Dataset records
-- ===== src/Client/Identity.antt =====
-- dacloud.c, the cache that a client has after `da_cloud_init`, and what `da_cloud_cache_id` says.
use deviceatlas_cloud_c.Prelude.{
  ℕ, ◌≡◌, refl, ap, sym, ◌∙◌, subst, Option, none, some, List, [], Bool, true, false, Option-cases,
  inl, inr, Bytes, ℤ, same_text_nocase, arith, returns, crashes, Ensures, Status-cases,
  Ensures-mono, Ensures-bind, IfSome,
}
use deviceatlas_cloud_c.Mem.{Allocator}
use deviceatlas_cloud_c.Cache.{CString, Left, Provider, mock, Ops, all_of, cache_set, cache_id}
use deviceatlas_cloud_c.Cache.Choice.{cache_set_only}
use deviceatlas_cloud_c.Server.{Server}
use deviceatlas_cloud_c.Ranking.{Probes}
use deviceatlas_cloud_c.Config.{
  Settings, Platform, Plugin, stderr, cache_expiration, sizeof_server_head,
}
use deviceatlas_cloud_c.Client.{
  Config, Inited, rank_servers, finish_servers, init_servers, after_init, open_provider, init_cache,
  read_settings, init, config_cache_id, ops_of, dup_setting, mock_ops,
}

module _ (A : Allocator) (plugins : Provider → Plugin A) (have_memcached : Bool) (P : Platform)
    (W : Probes) (qsort : (Server → Server → ℤ) → List Server → List Server) where
  open A use {State}
  open W use {Net}

  abbrev Client : Type 0
  Client = Config A plugins have_memcached P W qsort

  abbrev Result : Type 0
  Result = Inited A plugins have_memcached P W qsort

  -- The functions and the provider that the setting of the cache's type asks for: those of the mock
  -- provider, without a new id, where it is missing.
  abbrev pub Serves : Option Provider → Option Bytes → Result → Type 0
  Serves old_id none r =
      (config_cache_id A plugins have_memcached P W qsort r.config
        ≡ elim old_id [ none ↦ crashes | some p ↦ returns (cache_id p) ])
      × (r.config.provider ≡ mock)
      × (r.config.cops ≡ mock_ops A plugins have_memcached P W qsort old_id)
  Serves old_id (some name) r =
      (config_cache_id A plugins have_memcached P W qsort r.config
        ≡ returns (cache_id r.config.provider))
      × (same_text_nocase name (cache_id r.config.provider) ≡ true)
      × (r.config.cops ≡ all_of r.config.provider)

  -- The functions and the provider of one configuration are those of another.
  abbrev Same : Client → Result → Type 0
  Same config r = (r.config.cops ≡ config.cops) × (r.config.provider ≡ config.provider)

  init_servers-Same :
      (conf : Settings) (config : Client) (net : Net) (s : State)
      → Ensures
          (IfSome (Same config))
          (init_servers A plugins have_memcached P W qsort conf config net s)
  unfolding init_servers finish_servers rank_servers
  init_servers-Same conf config net s = ground arith

  -- The same for a configuration that is known to have some functions and some provider.
  abbrev Has : Ops → Provider → Result → Type 0
  Has cops p r = (r.config.cops ≡ cops) × (r.config.provider ≡ p)

  after_init-Has :
      (conf : Settings) (config : Client) (net : Net) (cops : Ops) (p : Provider) (text : Option ℕ)
      (left : Left State (ops_of A plugins have_memcached P W qsort p).Cfg)
      → Ensures
          (IfSome (Has cops p))
          (after_init A plugins have_memcached P W qsort conf config net cops p text left)
  unfolding after_init
  after_init-Has conf config net cops p text left = elim (Status-cases left.status) [
    | inl failure ↦ rw (after_init, failure) (refl, refl)
    | inr success ↦ rw (after_init, success) (init_servers-Same conf _ net _)
  ]

  open_provider-Has :
      (conf : Settings) (config : Client) (net : Net) (s : State) (cops : Ops) (p : Provider)
      (text : Option CString)
      → Ensures
          (IfSome (Has cops p))
          (open_provider A plugins have_memcached P W qsort conf config net s cops (some p) text)
  unfolding open_provider
  open_provider-Has conf config net s cops p none =
      Ensures-bind (IfSome (Has cops p)) _
        (after_init A plugins have_memcached P W qsort conf config net cops p none)
        (after_init-Has conf config net cops p none)
  open_provider-Has conf config net s cops p (some (q, t)) =
      Ensures-bind (IfSome (Has cops p)) _
        (after_init A plugins have_memcached P W qsort conf config net cops p (some q))
        (after_init-Has conf config net cops p (some q))

  Has-Serves :
      (old_id : Option Provider) (name : Bytes) (cops : Ops) (p : Provider) (r : Result)
      → cops ≡ all_of p
      → same_text_nocase name (cache_id p) ≡ true
      → Has cops p r
      → Serves old_id (some name) r
  unfolding config_cache_id all_of
  Has-Serves old_id name cops p r all same (c, q) =
      let functions : r.config.cops ≡ all_of r.config.provider = c ∙ all ∙ ap all_of (sym q) in
      (
        rw (functions) refl,
        subst (λ p'. same_text_nocase name (cache_id p') ≡ true) (sym q) same,
        functions,
      )

  Same-Serves :
      (old_id : Option Provider) (config : Client) (r : Result)
      → config.cops ≡ mock_ops A plugins have_memcached P W qsort old_id
      → config.provider ≡ mock
      → Same config r
      → Serves old_id none r
  unfolding config_cache_id
  Same-Serves old_id config r c p (c', p') = (rw (c', c) refl, p' ∙ p, c' ∙ c)

  IfSome-mono :
      (Q R : Result → Type 0) (o : Option Result)
      → ((r : Result) → Q r → R r)
      → IfSome Q o
      → IfSome R o
  IfSome-mono Q R none f q = tt
  IfSome-mono Q R (some r) f q = f r q

  init_cache-Serves :
      (conf : Settings) (config : Client) (net : Net) (s : State) (old_id : Option Provider)
      → config.cops ≡ mock_ops A plugins have_memcached P W qsort old_id
      → config.provider ≡ mock
      → Ensures
          (IfSome (Serves old_id conf.cache_type))
          (init_cache A plugins have_memcached P W qsort conf config net s)
  unfolding init_cache all_of
  init_cache-Serves conf config net s old_id c q = elim (Option-cases conf.cache_type) [
    | inl no_type ↦
        rw (init_cache, no_type)
          (Ensures-mono (IfSome (Same config)) (IfSome (Serves old_id none)) _
            (λ o.
              IfSome-mono (Same config) (Serves old_id none) o
                (λ r. Same-Serves old_id config r c q))
            (init_servers-Same conf config net s))
    | inr (name, type) ↦ elim (Option-cases (cache_set have_memcached config.cops name)) [
      | inl unknown ↦ rw (init_cache, type, unknown) tt
      | inr (cops, known) ↦
          let (p, all, built, same) = cache_set_only have_memcached config.cops cops name known in
          rw (init_cache, type, known, all)
            (chosen p name same
              (dup_setting A plugins have_memcached P W qsort s conf.cache_config))
    ]
  ]
    where
      chosen :
          (p : Provider) (name : Bytes)
          → same_text_nocase name (cache_id p) ≡ true
          → (d : Option CString × State)
          → Ensures (IfSome (Serves old_id (some name))) (
              open_provider A plugins have_memcached P W qsort conf config net d.1
                (all_of p)
                (some p)
                d.0)
      chosen p name same d =
          Ensures-mono (IfSome (Has (all_of p) p)) (IfSome (Serves old_id (some name))) _
            (λ o.
              IfSome-mono (Has (all_of p) p) (Serves old_id (some name)) o
                (λ r. Has-Serves old_id name (all_of p) p r refl same))
            (open_provider-Has conf config net d.1 (all_of p) p d.0)

  read_settings-Serves :
      (conf : Settings) (config : Client) (net : Net) (s : State) (old_id : Option Provider)
      → config.cops ≡ mock_ops A plugins have_memcached P W qsort old_id
      → config.provider ≡ mock
      → Ensures
          (IfSome (Serves old_id conf.cache_type))
          (read_settings A plugins have_memcached P W qsort conf config net s)
  unfolding read_settings
  read_settings-Serves conf config net s old_id c q = elim (Option-cases conf.licence_key) [
    | inl no_key ↦ rw (read_settings, no_key) tt
    | inr (k, key) ↦ rw (read_settings, key) (init_cache-Serves conf _ net _ old_id c q)
  ]

  -- Where the configuration file can be read and da_cloud_init returns, with 0 or -1, a client
  -- whose file names a type of cache has all functions and the data of one provider, whose
  -- identifier is that type in some spelling of its letters, and da_cloud_cache_id gives it.
  -- Without a type the client has the mock provider, and da_cloud_cache_id gives what the caller's
  -- struct held before, or calls an unset pointer.
  pub init-cache_id :
      (s : State) (net : Net) (old_id : Option Provider) (old_ranking : Bool) (confpath : Bytes)
      (conf : Settings)
      → P.read_file confpath ≡ some conf
      → Ensures
          (IfSome (Serves old_id conf.cache_type))
          (init A plugins have_memcached P W qsort s net old_id old_ranking confpath)
  unfolding init
  init-cache_id s net old_id old_ranking confpath conf file =
      elim (Option-cases (A.alloc s sizeof_server_head).0) [
        | inl no_head ↦ rw (init, no_head) tt
        | inr (at, head) ↦
            rw (init, head, file) (read_settings-Serves conf (started at) net _ old_id refl refl)
      ]
    where
      started : ℕ → Client
      started p = record {
        shead = record { self = p; array = none; servers = []; dservers = false };
        efp = stderr;
        licence_key = none;
        manual_ranking = old_ranking;
        cops = mock_ops A plugins have_memcached P W qsort old_id;
        provider = mock;
        cache_cfg = (plugins mock).zeroed none cache_expiration;
      }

> _ASSIGNED TASK_
From the line containing "(s : State) (net" to the final line of the data above, transcribe every line exactly and nothing more.

> _EXERCISE RESULT_
      (s : State) (net : Net) (old_id : Option Provider) (old_ranking : Bool) (confpath : Bytes)
      (conf : Settings)
      → P.read_file confpath ≡ some conf
      → Ensures
          (IfSome (Serves old_id conf.cache_type))
          (init A plugins have_memcached P W qsort s net old_id old_ranking confpath)
  unfolding init
  init-cache_id s net old_id old_ranking confpath conf file =
      elim (Option-cases (A.alloc s sizeof_server_head).0) [
        | inl no_head ↦ rw (init, no_head) tt
        | inr (at, head) ↦
            rw (init, head, file) (read_settings-Serves conf (started at) net _ old_id refl refl)
      ]
    where
      started : ℕ → Client
      started p = record {
        shead = record { self = p; array = none; servers = []; dservers = false };
        efp = stderr;
        licence_key = none;
        manual_ranking = old_ranking;
        cops = mock_ops A plugins have_memcached P W qsort old_id;
        provider = mock;
        cache_cfg = (plugins mock).zeroed none cache_expiration;
      }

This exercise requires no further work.